* _The problem_
Return, from the data that follows, each line that holds the word "Errors".

>>>

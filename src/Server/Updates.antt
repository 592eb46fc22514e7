-- ===== src/Server/Updates.antt =====
-- net/server.rs: the tasks of Requeue, UpdateM, UpdateQ and NetStats in `read_buffer`.
use native.Mathlib.Decide.{ℕ_discrete}
use rust_data_broker.Prelude.{
  ℕ, Bool, Option, none, some, List, [], ◌∷◌, Outcome, ok, err, panic, ltb, if◌then◌else◌, drop,
}
use rust_data_broker.Dict
use rust_data_broker.Dict.{Dict}
use rust_data_broker.Errors
use rust_data_broker.Queue.Config.{NetQueueConfig, ConfigError, net_config_from_be_bytes}
use rust_data_broker.Queue.State.{Queue}
use rust_data_broker.Queue.Locks
use rust_data_broker.Queue.Sizes.{Capacities}
use rust_data_broker.NetStats.{StatMessage, new_stat, watcher_to_bytes}
use rust_data_broker.Server.State.{Server, Name, succeeded, failed, silent, put_queue}
use rust_data_broker.Server.Handlers.{Handled, on_queue, reply, message_id_of}

unfoldable pub handle_requeue : Server → Name → ℕ → ℕ → List ℕ → ℕ → Handled
handle_requeue s queue_name client_id payload_size payload now = on_queue s queue_name λ hash q.
    if ltb payload_size 16
    then (s, failed Errors.payload_missing_message_id)
    else reply s hash Errors.message_not_in_queue
        (Locks.requeue q client_id (message_id_of payload) now)

-- Here the payload is looked at first.
unfoldable pub handle_update_m : Server → Name → ℕ → List ℕ → Handled
handle_update_m s queue_name payload_size payload =
    if ltb payload_size 16
    then (s, failed Errors.payload_missing_message_id)
    else on_queue s queue_name λ hash q.
      reply s hash Errors.message_not_in_queue
        (Locks.update_message q (message_id_of payload) (drop 16 payload))

abbrev pub set_auto_fail_if : Option Bool → Queue → Queue
set_auto_fail_if none q = q
set_auto_fail_if (some b) q = Locks.update_config_auto_fail q b

abbrev pub set_fail_timeout_if : Option ℕ → Queue → Queue
set_fail_timeout_if none q = q
set_fail_timeout_if (some t) q = Locks.update_config_fail_timeout q t

unfoldable pub apply_config : NetQueueConfig → Queue → Queue
apply_config c q = set_fail_timeout_if c.fail_timeout (set_auto_fail_if c.auto_fail q)

unfoldable pub configure : Server → ℕ → Queue → Outcome ConfigError (NetQueueConfig × ℕ) → Handled
unfolding apply_config
configure s hash q (ok (config, size)) = (put_queue s hash (apply_config config q), succeeded [])
configure s hash q (err e) = (s, failed Errors.config_bytes_empty)
configure s hash q panic = (s, silent)

unfoldable pub handle_update_q : Server → Name → ℕ → List ℕ → Handled
unfolding configure
handle_update_q s queue_name payload_size payload = on_queue s queue_name λ hash q.
    if ltb payload_size 1
    then (s, failed Errors.invalid_config_payload_size)
    else configure s hash q (net_config_from_be_bytes payload)

-- One entry for each name whose queue is in the map; `k` gives the capacities of a queue.
unfoldable pub collect_stats :
    (ℕ → Capacities) → Dict ℕ Queue → Dict Name ℕ → List StatMessage → List StatMessage
collect_stats k queues [] stats = stats
collect_stats k queues ((name, hash) ∷ names) stats =
    collect_stats k queues names (elim (Dict.lookup ℕ_discrete hash queues) [
      | none ↦ stats
      | some q ↦ new_stat stats name (k hash) q
    ])

unfoldable pub handle_net_stats : Server → (ℕ → Capacities) → Handled
unfolding collect_stats
handle_net_stats s k = (s, succeeded (watcher_to_bytes (collect_stats k s.queue s.queue_names [])))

<<<

* _Output of the task_
use rust_data_broker.Errors
    then (s, failed Errors.payload_missing_message_id)
    else reply s hash Errors.message_not_in_queue
    then (s, failed Errors.payload_missing_message_id)
      reply s hash Errors.message_not_in_queue
configure s hash q (err e) = (s, failed Errors.config_bytes_empty)
    then (s, failed Errors.invalid_config_payload_size)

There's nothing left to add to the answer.